Я вздохнула. Где искать эту бывшую горничную Марфы Серафиму, неизвестно. Одна надежда была на Черкасова, что и ключника, и Серафиму он найдет.
И вообще, как бы узнать, где этот тайник в доме, где хранились деньги? С прислугой говорить об этом не хотела. Сама же я уже обошла и проверила все комнаты, но не нашла ни ларца с деньгами, ни закрытого какого шкафчика.
— А может, под пол припрятала, хозяйка? — предположила Прося. — Давай я сейчас посмотрю тут всё.
— Помоги, сделай милость, Прося. Если найдешь мои драгоценности, я очень благодарна тебе буду.
Прося кивнула и начала быстро осматривать деревянный пол. И на удивление, спустя четверть часа, она всё же нашла тайник.

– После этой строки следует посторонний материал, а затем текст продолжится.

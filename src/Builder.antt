-- ===== src/Builder.antt =====
-- pkg/builder: the queue of build actions, and their execution.
pub mod WorkerBuildQueue
pub mod DemultiplexingBuildQueue
pub mod Executors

Под сундуком, что стоял в углу и был не сильно тяжёл, поднималась половица, а там — довольно увесистая шкатулка.
Я уселась на кровать и с интересом начала рассматривать драгоценности Марфы, лежащие в деревянной шкатулке: перстни с камнями, жемчужные бусы, браслеты, длинные серьги и даже дорогие подвески на кику, как объяснила Прося.
— Ничего себе, какое богатство! — тихо произнесла я, рассматривая перстень с красным камнем, похожим на рубин.

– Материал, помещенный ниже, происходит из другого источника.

-- ===== src/Builder/WorkerBuildQueue.antt =====
-- The scheduler's queue: pkg/builder/worker_build_queue.go. Its operations hold one lock but for the two
-- places where they wait, so that each part in between is one step. Jobs are shared by pointers: they
-- stand in a list, and a pointer is an index into it. The maps are functions.
pub mod Heap
pub mod Jobs
pub mod Invariant
pub mod Progress
pub mod Lifecycle
pub mod Service
pub mod Requests
use bazel_buildbarn.Prelude.{
  ℕ, zero, suc, ◌+◌, ◌%◌, ◌^◌, List, [], ◌∷◌, ◌++◌, Option, none, some, Bool, true, false, ◌&&◌,
  ◌||◌, leb, ltb, ◌==◌, if◌then◌else◌, length, get_elem?, set,
}
use bazel_buildbarn.Util.Status.{
  Result, ok, err, fatal, Error, status, unavailable, not_found, text, format, bytes, ◌>>=◌,
}
use bazel_buildbarn.Util.Digest.{Digest, PartialDigest, KeyFormat, new_digest, get_key}
use bazel_buildbarn.Circular.Record.{bytes_equal}

-- remoteexecution.ExecuteRequest; the priority is that of the execution policy, if it has one.
pub record ExecuteRequest : Type 0 where
  pub instance_name : List ℕ
  pub action_digest : Option PartialDigest
  pub policy_priority : Option ℕ

-- The stages of ExecuteOperationMetadata that the queue uses.
pub data Stage : Type 0 where
  queued executing completed : Stage

-- workerBuildJob; `R` is remoteexecution.ExecuteResponse
pub record Job (R : Type 0) : Type 0 where
  pub name : List ℕ
  pub deduplication_key : List ℕ
  pub request : ExecuteRequest
  pub insertion_order : ℕ
  pub stage : Stage
  pub response : Option R

pub record WorkerBuildQueue (R : Type 0) : Type 0 where
  pub key_format : KeyFormat
  pub jobs_pending_max : ℕ
  pub next_insertion_order : ℕ
  pub jobs : List (Job R)
  pub by_name : List ℕ → Option ℕ
  pub by_key : List ℕ → Option ℕ
  pub pending : List ℕ

abbrev pub new_worker_build_queue : {R : Type 0} → KeyFormat → ℕ → WorkerBuildQueue R
new_worker_build_queue key_format jobs_pending_max = record {
  key_format = key_format;
  jobs_pending_max = jobs_pending_max;
  next_insertion_order = 0;
  jobs = [];
  by_name = λ name. none;
  by_key = λ key. none;
  pending = [];
}

abbrev pub insert : List ℕ → ℕ → (List ℕ → Option ℕ) → List ℕ → Option ℕ
insert key id m k = if bytes_equal k key then some id else m k

abbrev pub remove : List ℕ → (List ℕ → Option ℕ) → List ℕ → Option ℕ
remove key m k = if bytes_equal k key then none else m k

-- `int32` values as 32-bit patterns, in their order
unfoldable pub priority_below : ℕ → ℕ → Bool
priority_below a b = ltb ((a + 2 ^ 31) % 2 ^ 32) ((b + 2 ^ 31) % 2 ^ 32)

abbrev pub priority : {R : Type 0} → Job R → ℕ
priority job = elim job.request.policy_priority [ none ↦ 0 | some p ↦ p % 2 ^ 32 ]

-- Less
unfoldable pub less : {R : Type 0} → Job R → Job R → Bool
less i j =
    priority_below (priority i) (priority j)
    || priority i == priority j && ltb i.insertion_order j.insertion_order

-- A missing job comes last; there is none.
less_at : {R : Type 0} → Option (Job R) → Option (Job R) → Bool
less_at (some i) (some j) = less i j
less_at (some i) none = true
less_at none j = false

unfoldable pub less_in : {R : Type 0} → List (Job R) → ℕ → ℕ → Bool
unfolding less_at
less_in jobs i j = less_at (get_elem? jobs i) (get_elem? jobs j)

-- The pending jobs, of which container/heap documents that Pop removes the least by Less. The order of
-- its array shows in nothing else.
keep_least : (ℕ → ℕ → Bool) → ℕ → Option (ℕ × List ℕ) → Option (ℕ × List ℕ)
keep_least less x none = some (x, [])
keep_least less x (some (y, rest)) = if less y x then some (y, x ∷ rest) else some (x, y ∷ rest)

unfoldable pub pop : (ℕ → ℕ → Bool) → List ℕ → Option (ℕ × List ℕ)
unfolding keep_least
pop less [] = none
pop less (x ∷ xs) = keep_least less x (pop less xs)

named : List ℕ → Option ℕ → Result ℕ
named name none =
    err (status not_found (format "Build job with name %s not found" (bytes name ∷ [])))
named name (some id) = ok id

-- What GetWork comes to when it wakes up: nothing is pending, the worker's stream has ended with an
-- error, or there is a job to execute.
pub data Work : Type 0 where
  waiting : Work
  closed : Error → Work
  working : ℕ → Work

module _ {R : Type 0} (bq : WorkerBuildQueue R) (request : ExecuteRequest) (name key : List ℕ) where
  -- The job that Execute makes.
  abbrev pub new_job : Job R
  new_job = record {
    name = name;
    deduplication_key = key;
    request = request;
    insertion_order = bq.next_insertion_order;
    stage = queued;
    response = none;
  }

  -- The queue with the new job.
  abbrev pub enqueued : WorkerBuildQueue R
  enqueued = record bq {
    next_insertion_order = (bq.next_insertion_order + 1) % 2 ^ 64;
    jobs = bq.jobs ++ new_job ∷ [];
    by_name = insert name (length bq.jobs) bq.by_name;
    by_key = insert key (length bq.jobs) bq.by_key;
    pending = length bq.jobs ∷ bq.pending;
  }

module _ {R : Type 0} where
  pub enqueue :
      WorkerBuildQueue R
      → ExecuteRequest
      → List ℕ
      → List ℕ
      → Option ℕ
      → Result ℕ × WorkerBuildQueue R
  enqueue bq request name key (some id) = (ok id, bq)
  enqueue bq request name key none =
      if leb bq.jobs_pending_max (length bq.pending)
      then (err (status unavailable (text "Too many jobs pending")), bq)
      else (ok (length bq.jobs), enqueued bq request name key)

  execute_digest :
      WorkerBuildQueue R → ExecuteRequest → List ℕ → Result Digest → Result ℕ × WorkerBuildQueue R
  unfolding enqueue
  execute_digest bq request name (ok digest) =
      let key = get_key digest bq.key_format in enqueue bq request name key (bq.by_key key)
  execute_digest bq request name (err e) = (err e, bq)
  execute_digest bq request name fatal = (fatal, bq)

  -- Execute, up to the call of waitExecution: the job that it waits for. `name` is the new UUID.
  unfoldable pub execute :
      WorkerBuildQueue R → ExecuteRequest → List ℕ → Result ℕ × WorkerBuildQueue R
  unfolding execute_digest
  execute bq request name =
      execute_digest bq request name (new_digest request.instance_name request.action_digest)

  -- WaitExecution, up to the call of waitExecution
  unfoldable pub wait_execution : WorkerBuildQueue R → List ℕ → Result ℕ
  unfolding named
  wait_execution bq name = named name (bq.by_name name)

  running : WorkerBuildQueue R → ℕ → List ℕ → Option (Job R) → WorkerBuildQueue R
  running bq id rest none = record bq { pending = rest }
  running bq id rest (some job) = record bq {
    pending = rest;
    jobs = set bq.jobs id (record job { stage = executing });
  }

  started : WorkerBuildQueue R → Option Error → Option (ℕ × List ℕ) → Work × WorkerBuildQueue R
  unfolding running
  started bq ended none = (waiting, bq)
  started bq (some e) (some _) = (closed e, bq)
  started bq none (some (id, rest)) = (working id, running bq id rest (get_elem? bq.jobs id))

  -- GetWork, from a wakeup to the call of executeOnWorker; `ended` is the error of the stream's context.
  unfoldable pub get_work : WorkerBuildQueue R → Option Error → Work × WorkerBuildQueue R
  unfolding started
  get_work bq ended = started bq ended (pop (less_in bq.jobs) bq.pending)

  finished : WorkerBuildQueue R → ℕ → R → Option (Job R) → WorkerBuildQueue R
  finished bq id response none = bq
  finished bq id response (some job) = record bq {
    jobs = set bq.jobs id (record job { stage = completed; response = some response });
    by_key = remove job.deduplication_key bq.by_key;
  }

  -- GetWork, after executeOnWorker has returned.
  unfoldable pub complete : WorkerBuildQueue R → ℕ → R → WorkerBuildQueue R
  unfolding finished
  complete bq id response = finished bq id response (get_elem? bq.jobs id)

-- longrunning.Operation with its ExecuteOperationMetadata; it is done when it has a response.
pub record Operation (R : Type 0) : Type 0 where
  pub name : List ℕ
  pub stage : Stage
  pub action_digest : Option PartialDigest
  pub response : Option R

abbrev pub report : {R : Type 0} → Job R → Operation R
report job = record {
  name = job.name;
  stage = job.stage;
  action_digest = job.request.action_digest;
  response = job.response;
}

module _ {R : Type 0} (send : Operation R → Option Error) where
  sent :
      Operation R
      → Option Error
      → Option R
      → List (Operation R) × Option (Option Error)
      → List (Operation R) × Option (Option Error)
  sent operation (some e) response later = (operation ∷ [], some (some e))
  sent operation none (some response) later = (operation ∷ [], some none)
  sent operation none none (operations, returned) = (operation ∷ operations, returned)

  -- waitExecution, over the states of its job when it starts and at each wakeup: what it sends, and the
  -- error, if any, that it returns, unless it waits again.
  unfoldable pub watch : List (Job R) → List (Operation R) × Option (Option Error)
  unfolding sent
  watch [] = ([], none)
  watch (job ∷ woken) = sent (report job) (send (report job)) job.response (watch woken)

— Так Федор Григорьевич очень баловал тебя, хозяйка, любил очень, — заявила Прося, подходя и улыбаясь.
— Спасибо, что отыскала шкатулку. А теперь ступай спать, дальше я сама.

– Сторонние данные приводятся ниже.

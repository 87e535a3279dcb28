-- ===== src/Builder/DemultiplexingBuildQueue.antt =====
-- The dispatch of requests to build queues by instance name: pkg/builder/demultiplexing_build_queue.go.
-- A result is the backend, what it is called with, and the prefix that the operations that it sends get.
use bazel_buildbarn.Prelude.{
  ℕ, ◌≡◌, ◌≢◌, refl, ap, List, [], ◌∷◌, ◌++◌, Option, none, some, Bool, false, ◌||◌, ◌==◌,
  if◌then◌else◌, arith, Bool-cases, inl, inr, length, length-append, ◌∙◌,
}
use bazel_buildbarn.Util.Status.{
  Result, ok, err, fatal, Converter, status, invalid_argument, text, format, bytes, status_wrap,
  Result-cases,
}
use bazel_buildbarn.Builder.WorkerBuildQueue.{ExecuteRequest}

-- strings.ContainsRune of the pipe character
unfoldable pub contains_pipe : List ℕ → Bool
contains_pipe [] = false
contains_pipe (c ∷ cs) = c == b'|' || contains_pipe cs

-- strings.SplitN at the first pipe character, if there are two parts
unfoldable pub split_pipe : List ℕ → Option (List ℕ × List ℕ)
split_pipe [] = none
split_pipe (c ∷ cs) =
    let rest = split_pipe cs in
    if c == b'|'
    then some ([], cs)
    else elim rest [ none ↦ none | some (before, after) ↦ some (c ∷ before, after) ]

-- The name that operationNamePrepender sends.
abbrev pub prepend : List ℕ → List ℕ → List ℕ
prepend prefix name = prefix ++ b'|' ∷ name

module _ {B : Type 0} (convert : Converter) (build_queue_getter : List ℕ → Result B) where
  obtained {ℓ} : {A : Type ℓ} → List ℕ → (B → A) → Result B → Result A
  obtained instance_name call (ok backend) = ok (call backend)
  obtained instance_name call (err e) = err (
      status_wrap convert e
        (format "Failed to obtain backend for instance %#v" (bytes instance_name ∷ [])))
  obtained instance_name call fatal = fatal

  -- GetCapabilities, and Execute, which passes on the request and the instance name as the prefix
  unfoldable pub get_backend_of : List ℕ → Result B
  unfolding obtained
  get_backend_of instance_name =
      if contains_pipe instance_name
      then err (status invalid_argument (text "Instance name cannot contain a pipe character"))
      else obtained instance_name (λ backend. backend) (build_queue_getter instance_name)

  unfoldable pub execute : ExecuteRequest → Result (B × ExecuteRequest × List ℕ)
  unfolding obtained
  execute request =
      if contains_pipe request.instance_name
      then err (status invalid_argument (text "Instance name cannot contain a pipe character"))
      else obtained request.instance_name (λ backend. (backend, request, request.instance_name))
          (build_queue_getter request.instance_name)

  wait_target : List ℕ → Option (List ℕ × List ℕ) → Result (B × List ℕ × List ℕ)
  unfolding obtained
  wait_target name none =
      err (status invalid_argument (text "Unable to extract instance from operation name"))
  wait_target name (some (instance_name, rest)) =
      obtained instance_name (λ backend. (backend, name, rest)) (build_queue_getter instance_name)

  -- WaitExecution. The backend is called with the request as it came, not with the copy whose name has
  -- lost its prefix, and the prefix of its operations is that name.
  unfoldable pub wait_execution : List ℕ → Result (B × List ℕ × List ℕ)
  unfolding wait_target
  wait_execution name = wait_target name (split_pipe name)

  split_pipe-prepend :
      (instance_name name : List ℕ)
      → contains_pipe instance_name ≡ false
      → split_pipe (prepend instance_name name) ≡ some (instance_name, name)
  unfolding split_pipe contains_pipe
  split_pipe-prepend [] name h = refl
  split_pipe-prepend (c ∷ cs) name h =
      let head : (c == b'|') ≡ false = ground arith in
      let tail : contains_pipe cs ≡ false = ground arith in
      rw (head, split_pipe-prepend cs name tail)

  dispatched :
      (request : ExecuteRequest) (backend : B)
      → execute request ≡ ok (backend, request, request.instance_name)
      → (contains_pipe request.instance_name ≡ false)
        × (build_queue_getter request.instance_name ≡ ok backend)
  unfolding execute
  dispatched request backend h = elim (Bool-cases (contains_pipe request.instance_name)) [
    | inl e ↦ absurd (let h' = rw e at h in cc)
    | inr e ↦ elim (Result-cases (build_queue_getter request.instance_name)) [
      | inl (b, f) ↦ let h' = rw (e, f) at h in let same : b ≡ backend = cc in (e, f ∙ ap ok same)
      | inr (inl (x, f)) ↦ absurd (let h' = rw (e, f) at h in cc)
      | inr (inr f) ↦ absurd (let h' = rw (e, f) at h in cc)
    ]
  ]

  prepend_ne : (prefix name : List ℕ) → prepend prefix name ≢ name
  prepend_ne prefix name e =
      let longer = length-append prefix (b'|' ∷ name) in
      let same : length (prepend prefix name) ≡ length name = ap length e in absurd (omega arith)

  -- A client of which Execute has reached a backend, and which waits for an operation by the name that
  -- it was sent, reaches the same backend; but that is asked for the name with the prefix, which is not
  -- the one that it had sent, and the operations that it sends then get that name as their prefix.
  pub wait_execution_keeps_prefix :
      (request : ExecuteRequest) (backend : B) (name : List ℕ)
      → execute request ≡ ok (backend, request, request.instance_name)
      → (wait_execution (prepend request.instance_name name)
          ≡ ok (backend, prepend request.instance_name name, name))
        × (prepend request.instance_name name ≢ name)
  unfolding wait_execution
  wait_execution_keeps_prefix request backend name h =
      let (clean, found) = dispatched request backend h in
      (
        rw (split_pipe-prepend request.instance_name name clean, found),
        prepend_ne request.instance_name name,
      )
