-- ===== src/Builder/Executors.antt =====
-- The executors of build actions around the one that runs them: pkg/builder/build_executor.go,
-- caching_build_executor.go and storage_flushing_build_executor.go. `A` are the action results, and `W`
-- is the state of all that the executors act on.
pub mod Durability
use bazel_buildbarn.Prelude.{ℕ, String, List, [], ◌∷◌, Option, none, some, Bool, true, false}
use bazel_buildbarn.Util.Status.{
  Result, ok, err, fatal, Error, Code, Message, Details, Arg, Converter, status_wrap, text, format,
  bytes, number,
}
use bazel_buildbarn.Util.Digest.{Digest, PartialDigest, new_digest}

pub record ActionRequest : Type 0 where
  pub instance_name : List ℕ
  pub action_digest : Option PartialDigest

-- remoteexecution.ExecuteResponse
pub record ActionResponse (A : Type 0) : Type 0 where
  pub status_of : Option (Code × (Message × Details))
  pub result : Option A
  pub message : Option Message

-- The response, and whether it may be cached; or the end of the process by log.Fatal
abbrev pub Executed : Type 0 → Type 0 → Type 0
Executed A W = Result (ActionResponse A × Bool) × W

-- What the executors call.
pub record Services (W A : Type 0) : Type 0 where
  -- PutActionResult of the Action Cache
  pub put_action_result : W → Digest → A → Option Error × W
  -- PutActionFailure of the Content Addressable Storage
  pub put_action_failure : W → Option PartialDigest × A → Digest → Result Digest × W
  -- Parse of the browser's URL
  pub parse : Message → Option (List ℕ)
  -- Flushing of pending writes
  pub flush : W → Option Error × W

module _ (convert : Converter) where
  open convert use {code_of, message_of, details_of}

  unfoldable pub convert_error_to_execute_response : {A : Type 0} → Error → ActionResponse A
  convert_error_to_execute_response e = record {
    status_of = some (code_of e, (message_of e, details_of e));
    result = none;
    message = none;
  }

abbrev pub action_path : String → Digest → Message
action_path path digest = format path (
    bytes digest.instance_name
    ∷ bytes digest.partial_digest.hash
    ∷ number digest.partial_digest.size_bytes
    ∷ [])

module _ {W A : Type 0} (convert : Converter) (services : Services W A)
    (base : W → ActionRequest → Executed A W) where
  failed : Error → String → W → Executed A W
  failed e what w =
      (ok (convert_error_to_execute_response convert (status_wrap convert e (text what)), false), w)

  -- The message with a link to the browser
  linked : ActionResponse A → Bool → String → Option (List ℕ) → W → Executed A W
  linked response may_be_cached what none w = (fatal, w)
  linked response may_be_cached what (some url) w =
      (ok (record response { message = some (format what (bytes url ∷ [])) }, may_be_cached), w)

  cached : ActionResponse A → Digest → Option Error × W → Executed A W
  unfolding failed linked
  cached response digest (some e, w) = failed e "Failed to store cached action result" w
  cached response digest (none, w) =
      linked response true "Action details (cached result): %s"
        (services.parse (action_path "/action/%s/%s/%d/" digest)) w

  uncached : ActionResponse A → Result Digest × W → Executed A W
  unfolding failed linked
  uncached response (err e, w) = failed e "Failed to store uncached action result" w
  uncached response (fatal, w) = (fatal, w)
  uncached response (ok failure_digest, w) =
      linked response false "Action details (uncached result): %s"
        (services.parse (action_path "/actionfailure/%s/%s/%d/" failure_digest)) w

  -- A response that has a result.
  with_result : ActionRequest → Digest → ActionResponse A → A → Bool → W → Executed A W
  unfolding cached uncached
  with_result request digest response result true w =
      cached response digest (services.put_action_result w digest result)
  with_result request digest response result false w =
      uncached response (services.put_action_failure w (request.action_digest, result) digest)

  ran : ActionRequest → Digest → Executed A W → Executed A W
  unfolding linked with_result
  ran request digest (err e, w) = (err e, w)
  ran request digest (fatal, w) = (fatal, w)
  ran request digest (ok (response, may_be_cached), w) = elim response.result [
    | none ↦
        linked response may_be_cached "Action details (no result): %s"
          (services.parse (action_path "/action/%s/%s/%d/" digest)) w
    | some result ↦ with_result request digest response result may_be_cached w
  ]

  with_digest : W → ActionRequest → Result Digest → Executed A W
  unfolding failed ran
  with_digest w request (ok digest) = ran request digest (base w request)
  with_digest w request (err e) = failed e "Failed to extract digest for action" w
  with_digest w request fatal = (fatal, w)

  -- Execute of the caching executor
  unfoldable pub execute_caching : W → ActionRequest → Executed A W
  unfolding with_digest
  execute_caching w request =
      with_digest w request (new_digest request.instance_name request.action_digest)

  after_flush : ActionResponse A × Bool → Option Error × W → Executed A W
  after_flush response (none, w) = (ok response, w)
  after_flush response (some e, w) = (ok (convert_error_to_execute_response convert e, false), w)

  flushed : Executed A W → Executed A W
  unfolding after_flush
  flushed (ok response, w) = after_flush response (services.flush w)
  flushed (err e, w) = (err e, w)
  flushed (fatal, w) = (fatal, w)

  -- Execute of the executor that flushes storage
  unfoldable pub execute_flushing : W → ActionRequest → Executed A W
  unfolding flushed
  execute_flushing w request = flushed (base w request)

-- The executor of bbb_worker, around the one that runs actions.
abbrev pub execute_worker :
    {W A : Type 0}
    → Converter
    → Services W A
    → (W → ActionRequest → Executed A W)
    → W
    → ActionRequest
    → Executed A W
execute_worker convert services base =
    execute_flushing convert services (execute_caching convert services base)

— Покойной ночи, Марфа Даниловна.
Прося вышла, а я снова начала перебирать драгоценности Марфы.
Да с таким богатством и деньги не нужны. Можно продать что-то, и на жизнь хватит.
Сразу видно, что Адашев сильно любил Марфу и баловал.
И тут меня накрыло видение.
Опять увидела перед собой Фёдора, его недовольное лицо и тёмные глаза. Тут же видение стало под другим углом, и я как будто уже наблюдала за разговором Марфы и её мужа со стороны.
Адашев залепил Марфе увесистую пощёчину, которая опрокинула её на кровать. Она отчего-то была в одной рубахе, простоволосая и босая.
Она схватилась за горящую щёку, и я отчётливо ощутила, как в ней поднимается злость на мужа.
— Какая ж ты неблагодарная, Марфа! — вскричал Фёдор, склоняясь над ней и сжимая в ярости кулак. — Я ж тебя, как царицу какую, в парчу и бархат наряжаю. Каменья на тебе не одна дюжина, да жемчуг розовый! А ты всё никак полюбить меня не можешь! Зараза неблагодарная!
— Я и не просила ничего, — пролепетала она.
— Ах, не просила? — взъярился Фёдор. — А кто мне все уши прожужжал, что боярыней Федюшка хочу быть? Говорила? А? Живёшь как барыня при мне. Ничего не делаешь. Чего тебе ещё?
— Женись на мне.
— Чаво? На тебе? — он аж отшатнулся.
Я так и видела все как будто со стороны: раскрасневшаяся Марфа в вышитой шёлковой рубашке на кровати, с распущенной косой, и Адашева в дорогой рубахе навыпуск и в штанах, босой. Явно они чуть раньше не книжки тут читали, а занимались чем интимным.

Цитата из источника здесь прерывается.